Stored data entries:
__________________________________________________

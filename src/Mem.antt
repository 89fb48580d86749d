-- ===== src/Mem.antt =====
-- Memory as C sees it: a byte at each address. Pointers are addresses, and a 16-bit or 32-bit
-- access is little-endian, as on the STM32.
pub mod Bytes
pub mod Access
pub mod Words
use flashfloppy_testbed.Prelude.{ℕ, zero, suc, ◌+◌, ◌*◌, ◌/◌, ◌%◌, ◌^◌, ◌<◌, List, [], ◌∷◌, ◌==◌}
use flashfloppy_testbed.Prelude.{if◌then◌else◌, length}

abbrev pub Mem : Type 0
Mem = ℕ → ℕ

-- The casts to the unsigned types.
abbrev pub u8 : ℕ → ℕ
u8 x = x % 2 ^ 8

abbrev pub u16 : ℕ → ℕ
u16 x = x % 2 ^ 16

abbrev pub u32 : ℕ → ℕ
u32 x = x % 2 ^ 32

-- Every address holds a byte.
abbrev pub IsMem : Mem → Type 0
IsMem m = (a : ℕ) → m a < 256

-- `*(uint8_t *)p = v`
unfoldable pub store8 : Mem → ℕ → ℕ → Mem
store8 m p v a = if a == p then u8 v else m a

-- `*(uint16_t *)p` and `*(uint16_t *)p = v`
unfoldable pub load16 : Mem → ℕ → ℕ
load16 m p = m p + m (p + 1) * 256

unfoldable pub store16 : Mem → ℕ → ℕ → Mem
unfolding store8
store16 m p v = store8 (store8 m p v) (p + 1) (v / 256)

-- `_rev16`, which `be16toh` and `htobe16` are
unfoldable pub rev16 : ℕ → ℕ
rev16 x = x % 256 * 256 + x / 256

-- The `n` bytes from `p` on.
abbrev pub bytes : Mem → ℕ → ℕ → List ℕ
bytes m p zero = []
bytes m p (suc n) = m p ∷ bytes m (p + 1) n

-- The big-endian word at `p`, as the floppy buffers hold them.
abbrev pub word_at : Mem → ℕ → ℕ
word_at m p = m p * 256 + m (p + 1)

-- The `n` big-endian words from `p` on.
abbrev pub words : Mem → ℕ → ℕ → List ℕ
words m p zero = []
words m p (suc n) = word_at m p ∷ words m (p + 2) n

-- Writes a list of bytes from `p` on.
unfoldable pub store : Mem → ℕ → List ℕ → Mem
unfolding store8
store m p [] = m
store m p (x ∷ xs) = store (store8 m p x) (p + 1) xs

-- Writes a list of words, big-endian, from `p` on.
unfoldable pub put_words : Mem → ℕ → List ℕ → Mem
put_words m p [] = m
put_words m p (w ∷ ws) = put_words (store16 m p (rev16 w)) (p + 2) ws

__________________________________________________

● **Problem requirements**: Every entry is to be repeated exactly as it stands.

● **Expected answer**:
filename src/Mem.antt
repository 89fb48580d86749d
-- ===== src/Mem.antt =====
-- Memory as C sees it: a byte at each address. Pointers are addresses, and a 16-bit or 32-bit
-- access is little-endian, as on the STM32.
pub mod Bytes
pub mod Access
pub mod Words
use flashfloppy_testbed.Prelude.{ℕ, zero, suc, ◌+◌, ◌*◌, ◌/◌, ◌%◌, ◌^◌, ◌<◌, List, [], ◌∷◌, ◌==◌}
use flashfloppy_testbed.Prelude.{if◌then◌else◌, length}

abbrev pub Mem : Type 0
Mem = ℕ → ℕ

-- The casts to the unsigned types.
abbrev pub u8 : ℕ → ℕ
u8 x = x % 2 ^ 8

abbrev pub u16 : ℕ → ℕ
u16 x = x % 2 ^ 16

abbrev pub u32 : ℕ → ℕ
u32 x = x % 2 ^ 32

-- Every address holds a byte.
abbrev pub IsMem : Mem → Type 0
IsMem m = (a : ℕ) → m a < 256

-- `*(uint8_t *)p = v`
unfoldable pub store8 : Mem → ℕ → ℕ → Mem
store8 m p v a = if a == p then u8 v else m a

-- `*(uint16_t *)p` and `*(uint16_t *)p = v`
unfoldable pub load16 : Mem → ℕ → ℕ
load16 m p = m p + m (p + 1) * 256

unfoldable pub store16 : Mem → ℕ → ℕ → Mem
unfolding store8
store16 m p v = store8 (store8 m p v) (p + 1) (v / 256)

-- `_rev16`, which `be16toh` and `htobe16` are
unfoldable pub rev16 : ℕ → ℕ
rev16 x = x % 256 * 256 + x / 256

-- The `n` bytes from `p` on.
abbrev pub bytes : Mem → ℕ → ℕ → List ℕ
bytes m p zero = []
bytes m p (suc n) = m p ∷ bytes m (p + 1) n

-- The big-endian word at `p`, as the floppy buffers hold them.
abbrev pub word_at : Mem → ℕ → ℕ
word_at m p = m p * 256 + m (p + 1)

-- The `n` big-endian words from `p` on.
abbrev pub words : Mem → ℕ → ℕ → List ℕ
words m p zero = []
words m p (suc n) = word_at m p ∷ words m (p + 2) n

-- Writes a list of bytes from `p` on.
unfoldable pub store : Mem → ℕ → List ℕ → Mem
unfolding store8
store m p [] = m
store m p (x ∷ xs) = store (store8 m p x) (p + 1) xs

-- Writes a list of words, big-endian, from `p` on.
unfoldable pub put_words : Mem → ℕ → List ℕ → Mem
put_words m p [] = m
put_words m p (w ∷ ws) = put_words (store16 m p (rev16 w)) (p + 2) ws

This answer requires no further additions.